N E X T F L O W ~ version 22.04.5 Launching /home/mbio/epi2melabs/workflows/epi2me-labs/wf-human-variation/main.nf [affectionatekepler] DSL2 - revision: 8546042309 |||||||||| ____ _ __ _ |||||||||| | _| _ | | \/ | __| | | | | ||||| | | | |) | | ) | |\/| | _| ___| |/ ` | ' \/ | ||||| | |_| /| | / /| | | | |_|| | (| | |) _ \ |||||||||| |____|_| |_|___|| ||| ||\,|._/|/ |||||||||| wf-human-variation v1.4.0

Core Nextflow options runName : affectionate_kepler containerEngine : docker container : ontresearch/wf-human-variation:shaa6d218582d6056ea970b73e61f138ebb0ce6c5b1 launchDir : /home/mbio/epi2melabs/instances/wf-human-variation_5fb641df-8bd2-4f43-bf27-fd5fd8beb852 workDir : /home/mbio/epi2melabs/instances/wf-human-variation_5fb641df-8bd2-4f43-bf27-fd5fd8beb852/work projectDir : /home/mbio/epi2melabs/workflows/epi2me-labs/wf-human-variation userName : mbio profile : standard configFiles : /home/mbio/epi2melabs/workflows/epi2me-labs/wf-human-variation/nextflow.config Workflow Options sv : true snp : true methyl : true str : true Input Options fast5_dir : /media/mbio/SATA_SSD/AP/C9_DNA/221107_NSC_FTD26_Enrich/no_sample/20221110_1819_MN36618_FAU71626_a0987114/fast5_all ref : /media/mbio/SATA_SSD/AP/C9_DNA/221107_NSC_FTD26_Enrich/221107_Analysis/GCA_000001405.15_GRCh38_no_alt_analysis_set.fna basecaller_cfg : dna_r9.4.1_e8_sup@v3.3 Small variant calling options phase_vcf : true include_all_ctgs : true GVCF : true Modified base calling options phase_methyl : true Short tandem repeat expansion genotyping options sex : male Basecalling options remora_cfg : dna_r9.4.1_e8_sup@v3.4_5mCG@v0 basecaller_basemod_threads: 20 Advanced basecalling options qscore_filter : 8 basecaller_args : --batchsize 160 Output Options sample_name : 20 out_dir : /home/mbio/epi2melabs/instances/wf-human-variation_5fb641df-8bd2-4f43-bf27-fd5fd8beb852/output depth_intervals : true Structural variant benchmarking options sv_benchmark : true Multiprocessing Options threads : 20 ubam_sort_threads : 4 Other parameters process_label : wfdefault !! Only displaying parameters that differ from the pipeline defaults !!

If you use epi2me-labs/wf-human-variation for your analysis please cite:

SamStudio8 commented 1 year ago

The reference that @cjw85 has pointed you to (GCA_000001405.15_GRCh38_no_alt_analysis_set) is the reference we recommend for running the human variation pipeline.

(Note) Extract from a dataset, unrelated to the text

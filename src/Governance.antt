-- ===== src/Governance.antt =====
-- Human approval: src/core/governance/ProposalManager.ts.
pub mod Proposals
mod Tests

However, the SV benchmark data we use from NIST specifically requires alignments to human_g1k_v37 which can be downloaded via http://ftp.1000genomes.ebi.ac.uk/vol1/ftp/technical/reference/.

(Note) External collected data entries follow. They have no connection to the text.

-- ===== src/Governance/Proposals.antt =====
-- src/core/governance/ProposalManager.ts: proposals that wait for the user's approval.
-- A method takes the clock reading `now` and, where it makes up an identifier, the identifier. The
-- event bus is the list of the events emitted, the newest at the head. `setTimeout` puts an entry
-- under a fresh handle on `scheduled`, and `clearTimeout` takes it off; `fire` is the event loop
-- running an entry that is due. The variation selector of the clock sign is left out. Listeners of the bus do not call back into the manager.
pub mod History
pub mod Consent
use sera_core.Prelude.{
  ℕ, ◌+◌, String, Bool, true, false, not, Option, none, some, List, [], ◌∷◌, if◌then◌else◌, filter,
  nat_eq, truthy, or_text, leb,
}
use sera_core.Dict
use sera_core.Dict.{Dict}

-- `_responseContext`, an object with the flag that a refusal resets
pub record ResponseContext : Type 0 where
  pub channel : String
  pub is_voice_message : Bool

-- `Record<string, any>`, with the one entry that the manager reads
pub record Parameters : Type 0 where
  pub response_context : Option ResponseContext
  pub entries : List (String × String)

pub record Proposal : Type 0 where
  pub intent : String
  pub parameters : Parameters
  pub user_message : Option String

pub record ProposeGoalPayload : Type 0 where
  pub proposal_id : Option String
  pub proposal : Proposal

pub data Event : Type 0 where
  proposal_generated : (proposal_id intent : String) → Parameters → Event
  goal_spawned : (request_id intent : String) → Parameters → (user_message : Option String) → Event
  agent_speak : (text : String) → Option ResponseContext → Event
  proposal_expired : (proposal_id intent : String) → Parameters → Event

pub record Timeout : Type 0 where
  pub handle : ℕ
  pub proposal_id : String
  pub due : ℕ

pub record ProposalManager : Type 0 where
  pub pending : Dict Proposal
  pub timers : Dict ℕ
  pub scheduled : List Timeout
  pub next_handle : ℕ
  pub events : List Event

-- PROPOSAL_TTL_MS
abbrev pub proposal_ttl_ms : ℕ
proposal_ttl_ms = 60000

unfoldable pub emit : Event → ProposalManager → ProposalManager
emit e m = record m { events = e ∷ m.events }

-- `payload.proposalId || …`: `fresh` is the identifier that would be made up
abbrev pub id_of : String → ProposeGoalPayload → String
id_of fresh p = or_text p.proposal_id fresh

unfoldable pub create_proposal :
    ℕ → String → ProposeGoalPayload → ProposalManager → String × ProposalManager
create_proposal now fresh p m =
    let id = id_of fresh p in
    (
      id,
      emit (proposal_generated id p.proposal.intent p.proposal.parameters) (record m {
        pending = Dict.set m.pending id p.proposal;
        scheduled =
            record { handle = m.next_handle; proposal_id = id; due = now + proposal_ttl_ms }
            ∷ m.scheduled;
        timers = Dict.set m.timers id m.next_handle;
        next_handle = m.next_handle + 1;
      }),
    )

unfoldable pub clear_timer : String → ProposalManager → ProposalManager
clear_timer id m = elim (Dict.get m.timers id) [
  | none ↦ m
  | some h ↦ record m {
    scheduled = filter (λ t. not (nat_eq t.handle h)) m.scheduled;
    timers = Dict.delete m.timers id;
  }
]

unfoldable pub drop_pending : String → ProposalManager → ProposalManager
drop_pending id m = record m { pending = Dict.delete m.pending id }

-- the key that stands alone, if one does
unfoldable pub single_key : Dict Proposal → Option String
single_key ((k, p) ∷ []) = some k
single_key _ = none

-- the proposal that an approval or a rejection is about: the one named, or else the only one
unfoldable pub resolve : String → ProposalManager → Option (String × Proposal)
resolve id m = elim (Dict.get m.pending id) [
  | some p ↦ some (id, p)
  | none ↦ elim (single_key m.pending) [
    | none ↦ none
    | some k ↦ elim (Dict.get m.pending k) [ none ↦ none | some p ↦ some (k, p) ]
  ]
]

unfoldable pub approve_proposal : String → String → ProposalManager → Bool × ProposalManager
approve_proposal request_id id m = elim (resolve id m) [
  | none ↦ (false, m)
  | some (target, p) ↦ (
    true,
    drop_pending target (
        emit (goal_spawned request_id p.intent p.parameters p.user_message) (clear_timer target m)),
  )
]

-- `{ ...responseContext, isVoiceMessage: false }`
abbrev quiet : Option ResponseContext → Option ResponseContext
quiet none = none
quiet (some c) = some (record c { is_voice_message = false })

abbrev pub rejection : Proposal → Event
rejection p =
    agent_speak "❌ Tindakan dibatalkan sesuai permintaan." (quiet p.parameters.response_context)

abbrev pub expiration : Proposal → Event
expiration p =
    agent_speak "⏱ Waktu konfirmasi (60 detik) telah habis. Tindakan dibatalkan secara aman."
      (quiet p.parameters.response_context)

unfoldable pub reject_proposal : String → ProposalManager → Bool × ProposalManager
reject_proposal id m = elim (resolve id m) [
  | none ↦ (false, m)
  | some (target, p) ↦ (true, emit (rejection p) (drop_pending target (clear_timer target m)))
]

unfoldable pub expire_proposal : String → ProposalManager → Bool × ProposalManager
expire_proposal id m = elim (Dict.get m.pending id) [
  | none ↦ (false, m)
  | some p ↦ (
    true,
    emit (expiration p)
        (emit (proposal_expired id p.intent p.parameters) (drop_pending id (clear_timer id m))),
  )
]

-- `listPendingProposals`
abbrev pub list_pending_proposals : ProposalManager → List (String × Proposal)
list_pending_proposals m = m.pending

-- the event loop takes an entry off and runs its callback
unfoldable pub fire : Timeout → ProposalManager → ProposalManager
fire t m =
    (expire_proposal t.proposal_id
      (record m { scheduled = filter (λ u. not (nat_eq u.handle t.handle)) m.scheduled })).1

abbrev pub start : ProposalManager
start = record { pending = []; timers = []; scheduled = []; next_handle = 0; events = [] }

Please note that the SV benchmarks will only be valid if you have sequenced HG002. If you do not need the benchmark information because you are not sequencing that genome, you can remove the option --sv_benchmark. If you do not need the benchmarking information you can use the recommended reference (GCA_000001405.15_GRCh38_no_alt_analysis_set) that was linked in the previous comment.